Patterns of disease co-occurrence (direct and inverse comorbidity) are being investigated using thousands of transcriptomic datasets to highlight the molecular basis of comorbidity, as part of the EPIC project (MINECO funding). Within the context of the Spanish ICGC CLL project, the group has performed analyses of the transcriptome and epigenome of various CLL patients and related it to healthy B cell differentiation. As part of the BLUEPRINT project, the group has investigated the role of variability in gene expression and DNA methylation in healthy blood cells and CLL patients.

  • Epigenomics

The group has played a major role in the BLUEPRINT project devoted to characterising the reference epigenome of healthy haematopoietic cell types. New computational methods were developed for the integration of different epigenomic datasets, including histone modifications, DNA methylation and 3D genome architecture. For example, co-occurrence of different epigenomic factors along the genome was used to identify a network of epigenetic communication. Dimensionality reduction techniques were employed to define chromatin states across the genome in different haematopoietic cell types and to identify the most important genomic regions. Finally a network framework is being used to integrate different kinds of epigenomic datasets onto the experimentally determined 3D structure of the genome.

  • Cognitive computing and Artificial Intelligence

A new line of research within the Group is the development of machine learning and cognitive computing solutions to aggregate and analyse complex phenotypic and genotypic data in order to assist personalized medical practices.
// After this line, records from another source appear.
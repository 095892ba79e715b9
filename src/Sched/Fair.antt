-- ===== src/Sched/Fair.antt =====
-- Round robin (src/scheduler.rs): a ready task runs after at most as many yields as there are slots.
use veil_os.Base.{
  ℕ, zero, suc, ◌+◌, ◌-◌, ◌≤◌, ◌≡◌, refl, sym, ap, ◌∙◌, ◌≢◌, inl, inr, true, Option, some, arith,
  ◌==◌, Bool-cases, length, ◌>>=◌,
}
use native.Mathlib.Nat.{mod-add-mod}
use native.Mathlib.Decide.{dec_lt}
use veil_os.Sched.{Task, Kernel, is_ready, yield_now}
use veil_os.Sched.Slots.{task_at-lt, ready_iff, is_ready-some}
use veil_os.Sched.Pick.{behind, place_of}
use veil_os.Sched.Yield.{IsScheduled, paused_task}
use veil_os.Sched.Switch.{pick_other, Moved, yield_now-Moved}

-- `n` yields in a row, with no other event between them.
unfoldable pub yields : ℕ → Kernel → Option Kernel
yields zero k = some k
yields (suc n) k = yield_now k >>= yields n

-- A ready slot other than the one that was picked is still ready.
still_ready :
    (k : Kernel) (u' : Task) (k' : Kernel) (i : ℕ)
    → IsScheduled k
    → Moved k u' k'
    → i ≢ k'.current
    → is_ready k.tasks i ≡ true
    → is_ready k'.tasks i ≡ true
still_ready k u' k' i v m ne h =
    let (t, e, r) = ready_iff k.tasks i h in
    let apart : i ≢ k.current = λ q. pick_other k v i h (sym q) in
    is_ready-some k'.tasks i t (m.others i apart ne ∙ e) r

-- The distance to a slot that was passed over falls by the distance gone.
closer :
    (k : Kernel) (u' : Task) (k' : Kernel) (d i : ℕ) (m : Moved k u' k')
    → m.nearest.distance ≤ d
    → behind k.tasks k.current d ≡ i
    → behind k'.tasks k'.current (d - m.nearest.distance) ≡ i
closer k u' k' d i m h e =
    let size = m.size in
    let sum : k.current + m.nearest.distance + (d - m.nearest.distance) ≡ k.current + d =
      omega arith in
    rw
      (
        size,
        m.nearest.here,
        mod-add-mod (k.current + m.nearest.distance) (length k.tasks) (d - m.nearest.distance),
        sum,
      )
      e

-- No ready slot is passed over.
nearest_first :
    (k : Kernel) (u' : Task) (k' : Kernel) (d i : ℕ) (m : Moved k u' k')
    → 1 ≤ d
    → behind k.tasks k.current d ≡ i
    → is_ready k.tasks i ≡ true
    → m.nearest.distance ≤ d
nearest_first k u' k' d i m low e h = elim (dec_lt d m.nearest.distance) [
  | yes nearer ↦ absurd (cc (m.nearest.none_nearer d low nearer, ap (is_ready k.tasks) e))
  | no ok ↦ omega arith
]

-- The slot at the distance that was gone is the current one.
at_distance :
    (k : Kernel) (u' : Task) (k' : Kernel) (d i : ℕ) (m : Moved k u' k')
    → behind k.tasks k.current d ≡ i
    → i ≢ k'.current
    → m.nearest.distance ≤ d
    → 1 ≤ d - m.nearest.distance
at_distance k u' k' d i m e ne h = elim (dec_lt m.nearest.distance d) [
  | yes lt ↦ omega arith
  | no ge ↦
      let same : d ≡ m.nearest.distance = omega arith in
      absurd (ne (sym e ∙ ap (behind k.tasks k.current) same ∙ sym m.nearest.here))
]

record Arrives (k : Kernel) (i bound : ℕ) : Type 0 where
  steps : ℕ
  soon : steps ≤ bound
  end : Kernel
  run : yields steps k ≡ some end
  there : end.current ≡ i

arrives :
    (bound d : ℕ) (k : Kernel) (i : ℕ)
    → IsScheduled k
    → is_ready k.tasks i ≡ true
    → 1 ≤ d
    → d ≤ bound
    → behind k.tasks k.current d ≡ i
    → Arrives k i bound
unfolding yields
arrives zero d k i v h low high e = absurd (omega arith)
arrives (suc bound) d k i v h low high e =
    let (k', run, outcome) = yield_now-Moved k v in
    elim outcome [
      | inl (same, nobody) ↦ absurd (cc (nobody i))
      | inr m ↦
          let near : m.nearest.distance ≤ d =
            nearest_first k (paused_task v.me k.regs) k' d i m low e h in
          elim (Bool-cases (i == k'.current)) [
            | inl there ↦ record {
              steps = 1;
              soon = omega arith;
              end = k';
              run = rw run refl;
              there = ground arith;
            }
            | inr further ↦
                let ne : i ≢ k'.current = λ q. ground arith in
                let a =
                  arrives bound (d - m.nearest.distance) k' i m.scheduled
                    (still_ready k (paused_task v.me k.regs) k' i v m ne h)
                    (at_distance k (paused_task v.me k.regs) k' d i m e ne near)
                    (omega (arith, m.nearest.at_least))
                    (closer k (paused_task v.me k.regs) k' d i m near e) in
                record {
                  steps = suc a.steps;
                  soon = omega (arith, a.soon);
                  end = a.end;
                  run = rw run a.run;
                  there = a.there;
                }
          ]
    ]

-- From a state with one running task, in the current slot, and pids that are distinct and all
-- below the pid counter, a ready task becomes the current one after at most as many yields as the
-- table has slots, none of which panics.
pub yields-arrive :
    (k : Kernel) (i : ℕ)
    → IsScheduled k
    → is_ready k.tasks i ≡ true
    → (n : ℕ) × (n ≤ length k.tasks) × (k' : Kernel) × (yields n k ≡ some k') × (k'.current ≡ i)
yields-arrive k i v h =
    let (t, e, r) = ready_iff k.tasks i h in
    let (d, low, high, at) =
      place_of k.tasks k.current i (task_at-lt k.tasks k.current v.here) (task_at-lt k.tasks i e) in
    let a = arrives (length k.tasks) d k i v h low high at in
    (a.steps, a.soon, a.end, a.run, a.there)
This project is carried out in collaboration with IBM Academic Initiative ( ) in the framework of the existing agreement between BSC and IBM (BBVA Foundation funding). The overall goal of the project is to predict disease consequences and potential therapeutic interventions using both advanced machine learning techniques, such as Deep Learning, and cognitive computing systems, namely IBM Watson ( ) , a technology for reasoning and decision making that combines capabilities in natural language processing, dynamic learning, and hypothesis generation and evaluation.